IN THE DRAGON'S DEN.

While the knight sat half-despairing on the friendly beam, he heard a whirring of wings above him; and a fairy, which he at first mistook for a bird, alighted by his side.

"Most worthy knight," said she, "fortune comes always to the help of the brave. Now here are a ball of wax and a strong net, which you may use as your good sense may direct. But you must never forget that this aid has been sent you by the Princess Angelica of Cathay."

With these words the fairy flew away, and was seen no more. But Reinold wondered whether she were not really the princess herself in disguise. It was easy for him to understand what to do with the presents she had brought. He threw the cake of wax to the raging dragon below.
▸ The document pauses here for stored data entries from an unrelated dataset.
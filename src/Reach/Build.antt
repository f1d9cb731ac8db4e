-- ===== src/Reach/Build.antt =====
-- `build_static_reachability`: the facts on all pairs of functions and on all sites.
use Prim.Native.Nat.{Ordering, compare}
use chip_chain_v.Prelude.{
  ℕ, ℕ_eq, leb, String, String_eq, Bool, true, false, not, ◌&&◌, ◌||◌, ◌==◌, option_eq, Option,
  none, some, List, [], ◌∷◌, ◌++◌, map, any, contains, select, find_first, only, length,
  is_nonempty, if◌then◌else◌, Result, ok, err, ◌>>◌, ◌>>=◌, sorted_with, text_leb, pair_leb,
}
use chip_chain_v.Reach.Search.{Arc, bounded_bfs}
use chip_chain_v.Reach.Catalog.{
  FunctionBinding, is_exact, CfgNode, FunctionEdge, Cfg, FunctionStatus, reachable_static,
  not_found_within_bound, source_mapping_missing, target_mapping_missing, FunctionFact,
  check_function_fact, SiteStatus, SiteFact, check_site_fact, ReachabilityCatalog,
}

abbrev pub max_function_path_edges_default : ℕ
max_function_path_edges_default = 16

abbrev pub max_site_path_edges_default : ℕ
max_site_path_edges_default = 256

-- The order of Python's tuples of an address and an edge's identifier.
abbrev pub address_leb : ℕ × String → ℕ × String → Bool
address_leb a b = elim (compare a.0 b.0) [
  | Ordering.lt ↦ true
  | Ordering.eq ↦ text_leb a.1 b.1
  | Ordering.gt ↦ false
]

-- The search's result. That its fuel suffices is a theorem of `Ends`.
abbrev pub returned {ℓ} : {A : Type ℓ} → Option A → Result A
returned (some r) = ok r
returned none = err "out of fuel"

abbrev pub function_arcs : List FunctionEdge → List (Arc ℕ)
function_arcs edges =
    map (λ x. record { source = x.source_address; target = x.target_address; edge_id = x.edge_id })
      edges

-- A fact on a pair, and its validation.
abbrev pub function_limitations : List ℕ → List String
function_limitations path =
    if is_nonempty path then "static_only" ∷ [] else "static_only" ∷ "not_negative_proof" ∷ []

abbrev pub function_fact :
    FunctionBinding → FunctionBinding → FunctionStatus → List ℕ × List String → FunctionFact
function_fact a b status r = record {
  source_function_id = a.function_id;
  target_function_id = b.function_id;
  status = status;
  witness_function_addresses = r.0;
  witness_edge_ids = r.1;
  path_edge_count = length r.1;
  supports_static_reachability = is_nonempty r.0;
  limitations = function_limitations r.0;
}

unfoldable pub make_function_fact :
    FunctionBinding → FunctionBinding → FunctionStatus → List ℕ × List String → Result FunctionFact
make_function_fact a b status r = do
  check_function_fact (function_fact a b status r)
  ok (function_fact a b status r)

abbrev pub search_functions :
    Cfg → FunctionBinding → FunctionBinding → Option (List ℕ × List String)
search_functions c a b =
    bounded_bfs address_leb (function_arcs c.function_edges) a.expected_entry_address
      (b.expected_entry_address ∷ []) max_function_path_edges_default

-- The body of the loop over the pairs.
unfoldable pub judge_pair : Cfg → FunctionBinding × FunctionBinding → Result FunctionFact
unfolding make_function_fact
judge_pair c pair =
    let a = pair.0 in
    let b = pair.1 in
    let found = do
      r ← returned (search_functions c a b)
      make_function_fact a b (if is_nonempty r.0 then reachable_static else not_found_within_bound)
          r
    in if not (is_exact a.binding_status)
      then make_function_fact a b source_mapping_missing ([], [])
      else if not (is_exact b.binding_status)
      then make_function_fact a b target_mapping_missing ([], [])
      else found

-- `sorted(bindings)`, with the bindings in place of their identifiers.
abbrev pub sorted_bindings : List FunctionBinding → List FunctionBinding
sorted_bindings bs = sorted_with (λ a b. text_leb a.function_id b.function_id) bs

abbrev pub other_than : FunctionBinding → FunctionBinding → Bool
other_than a b = not (a.function_id == b.function_id)

-- The pairs of a source with the targets of another identifier.
unfoldable pub pairs_from :
    List FunctionBinding → List FunctionBinding → List (FunctionBinding × FunctionBinding)
pairs_from [] targets = []
pairs_from (a ∷ sources) targets =
    map (λ b. (a, b)) (select (other_than a) targets) ++ pairs_from sources targets

abbrev pub function_pairs : Cfg → List (FunctionBinding × FunctionBinding)
function_pairs c =
    pairs_from (sorted_bindings c.function_bindings) (sorted_bindings c.function_bindings)

-- A site: identifier, address, kind and owner.
pub record Site : Type 0 where
  pub site_id : String
  pub address : ℕ
  pub kind : String
  pub owner : Option String

-- `bindings.get(owner)`
abbrev pub binding_named : List FunctionBinding → Option String → Option FunctionBinding
binding_named bs none = none
binding_named bs (some i) = find_first (λ b. b.function_id == i) bs

abbrev pub candidates : Cfg → ℕ → List CfgNode
candidates c pc = select (λ n. contains n.instruction_addresses pc) c.nodes

abbrev pub owned_nodes : Cfg → ℕ → List CfgNode
owned_nodes c entry = select (λ n. option_eq n.function_canonical_address (some entry)) c.nodes

abbrev pub node_ids : List CfgNode → List String
node_ids nodes = map (λ n. n.node_id) nodes

abbrev pub starts_of : List CfgNode → ℕ → List String
starts_of owned entry =
    sorted_with text_leb (node_ids (select (λ n. n.canonical_address == entry) owned))

abbrev pub targets_of : Cfg → ℕ → List CfgNode → List String
targets_of c pc owned = select (contains (node_ids owned)) (node_ids (candidates c pc))

abbrev pub follows : Bool → String → Bool
follows allow_fake kind = kind == "branch" || allow_fake && kind == "fakeret"

-- `local`: the edges inside the function that may be followed.
abbrev pub local_arcs : Cfg → List CfgNode → Bool → List (Arc String)
local_arcs c owned allow_fake =
    map (λ x. record { source = x.source_node_id; target = x.target_node_id; edge_id = x.edge_id })
      (select
        (λ x.
          contains (node_ids owned) x.source_node_id
          && contains (node_ids owned) x.target_node_id
          && follows allow_fake x.edge_kind)
        c.edges)

abbrev pub search_site :
    Cfg → List CfgNode → List String → Bool → String → Option (List String × List String)
search_site c owned targets allow_fake start =
    bounded_bfs pair_leb (local_arcs c owned allow_fake) start targets max_site_path_edges_default

-- `any(e.edge_kind=='fakeret' and e.edge_id in edges for e in cfg.edges)`
abbrev pub uses_fake : Cfg → List String → Bool
uses_fake c ids = any (λ x. x.edge_kind == "fakeret" && contains ids x.edge_id) c.edges

-- What the search for a site establishes.
pub record SiteOutcome : Type 0 where
  pub status : SiteStatus
  pub path : List String
  pub edges : List String
  pub uses : Bool

abbrev pub nothing_found : SiteStatus → SiteOutcome
nothing_found status = record { status = status; path = []; edges = []; uses = false }

abbrev pub site_found : Cfg → List String × List String → SiteOutcome
site_found c r =
    let uses = uses_fake c r.1 in
    record {
      status =
          if uses
          then SiteStatus.reachable_static_with_fakeret
          else SiteStatus.reachable_static_no_fakeret;
      path = r.0;
      edges = r.1;
      uses = uses;
    }

-- The two rounds of `for allow_fake in (False, True)`.
unfoldable pub second_round : Cfg → List CfgNode → List String → String → Result SiteOutcome
second_round c owned targets start = do
  r ← returned (search_site c owned targets true start)
  ok (if is_nonempty r.0 then site_found c r else nothing_found SiteStatus.not_found_in_cfg)

unfoldable pub first_round : Cfg → List CfgNode → List String → String → Result SiteOutcome
unfolding second_round
first_round c owned targets start = do
  r ← returned (search_site c owned targets false start)
  let second = second_round c owned targets start
  if is_nonempty r.0 then ok (site_found c r) else second

unfoldable pub search_from : Cfg → List CfgNode → List String → Option String → Result SiteOutcome
unfolding first_round
search_from c owned targets none = ok (nothing_found SiteStatus.not_found_in_cfg)
search_from c owned targets (some start) = first_round c owned targets start

unfoldable pub search_owner : Cfg → ℕ → Option FunctionBinding → Result SiteOutcome
unfolding search_from
search_owner c pc none = ok (nothing_found SiteStatus.source_mapping_missing)
search_owner c pc (some b) =
    let owned = owned_nodes c b.expected_entry_address in
    let found =
      search_from c owned (targets_of c pc owned)
        (only (starts_of owned b.expected_entry_address)) in
    if is_exact b.binding_status
    then found
    else ok (nothing_found SiteStatus.source_mapping_missing)

unfoldable pub judge_owner : Cfg → ℕ → Option String → Result SiteOutcome
unfolding search_owner
judge_owner c pc none = ok (nothing_found SiteStatus.owner_mapping_missing)
judge_owner c pc (some i) = search_owner c pc (binding_named c.function_bindings (some i))

-- A list without the later repetitions, and `sorted({...})` of addresses.
unfoldable pub unique : List ℕ → List ℕ
unique [] = []
unique (x ∷ xs) = x ∷ select (λ y. not (y == x)) (unique xs)

abbrev pub owner_addresses : List CfgNode → List ℕ
owner_addresses [] = []
owner_addresses (n ∷ nodes) =
    let rest = owner_addresses nodes in
    elim n.function_canonical_address [ none ↦ rest | some a ↦ a ∷ rest ]

abbrev pub angr_owners : Cfg → ℕ → List ℕ
angr_owners c pc = sorted_with leb (unique (owner_addresses (candidates c pc)))

abbrev pub site_limitations : SiteOutcome → List String
site_limitations o =
    "static_only"
    ∷ ((if o.uses then "assumes_callee_returns" ∷ [] else [])
        ++ (if is_nonempty o.path then [] else "not_negative_proof" ∷ []))

abbrev pub site_fact : Cfg → Site → SiteOutcome → SiteFact
site_fact c s o = record {
  site_id = s.site_id;
  site_address = s.address;
  site_kind = s.kind;
  owner_function_id = s.owner;
  status = o.status;
  witness_node_ids = o.path;
  witness_edge_ids = o.edges;
  uses_fakeret = o.uses;
  angr_owner_addresses = angr_owners c s.address;
  supports_static_reachability = is_nonempty o.path;
  limitations = site_limitations o;
}

-- The body of the loop over the sites.
unfoldable pub judge_site : Cfg → Site → Result SiteFact
unfolding judge_owner
judge_site c s = do
  o ← judge_owner c s.address s.owner
  check_site_fact (site_fact c s o)
  ok (site_fact c s o)

abbrev pub function_key : FunctionFact → String × String
function_key f = (f.source_function_id, f.target_function_id)

abbrev pub fact_leb : FunctionFact → FunctionFact → Bool
fact_leb f g = pair_leb (function_key f) (function_key g)

abbrev owner_text : Option String → String
owner_text none = ""
owner_text (some i) = i

-- The order of the tuples of an owner, an address and an identifier.
abbrev pub site_leb : SiteFact → SiteFact → Bool
site_leb s t =
    let a = owner_text s.owner_function_id in
    let b = owner_text t.owner_function_id in
    if a == b
    then address_leb (s.site_address, s.site_id) (t.site_address, t.site_id)
    else text_leb a b

-- The sorted lists of `_canonical`, which the serialized catalog has.
unfoldable pub canonical : ReachabilityCatalog → ReachabilityCatalog
canonical k = record k {
  function_reachability = sorted_with fact_leb k.function_reachability;
  site_reachability = sorted_with site_leb k.site_reachability;
}

abbrev pub catalog_of :
    (Cfg → String) → Cfg → List FunctionFact → List SiteFact → ReachabilityCatalog
catalog_of cfg_sha256 c facts sites = record {
  identities = c.identities;
  cfg_sha256 = cfg_sha256 c;
  max_function_path_edges = max_function_path_edges_default;
  max_site_path_edges = max_site_path_edges_default;
  function_reachability = facts;
  site_reachability = sites;
}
Eagerly the beast seized it between his jaws, and, lo! as Reinold had foreseen, his teeth were glued fast together. Then, as the creature madly sought to remove the wax with his claws, it was easy [217] for the knight to cast the net over him, and draw it tightly about his limbs and body. Helpless now, the great beast rolled upon the ground, an easy victim to Reinold's trenchant blade.

It was no hard matter for Reinold to find his way out of the pit, and into the wood again. There the good horse Bayard waited for him, and greeted his coming with a shrill neigh of pleasure. He looked around for the gloomy castle where he had spent so many miserable hours, but it was nowhere to be seen. He rubbed his eyes, and fancied, that, after all, he might have been only dreaming; for his armor was whole as ever, and his good blade Flamberge was clear and bright, and no whit tarnished with foul dragon's blood. He mounted his steed, and rode slowly and thoughtfully out of the forest. But just beyond, he came to the River of Forgetfulness and the bridge which spans it; and there, like Roland, he drank of the cup which the maiden offered him, and was led helplessly away to the care-forgetting castle of Old Oblivion.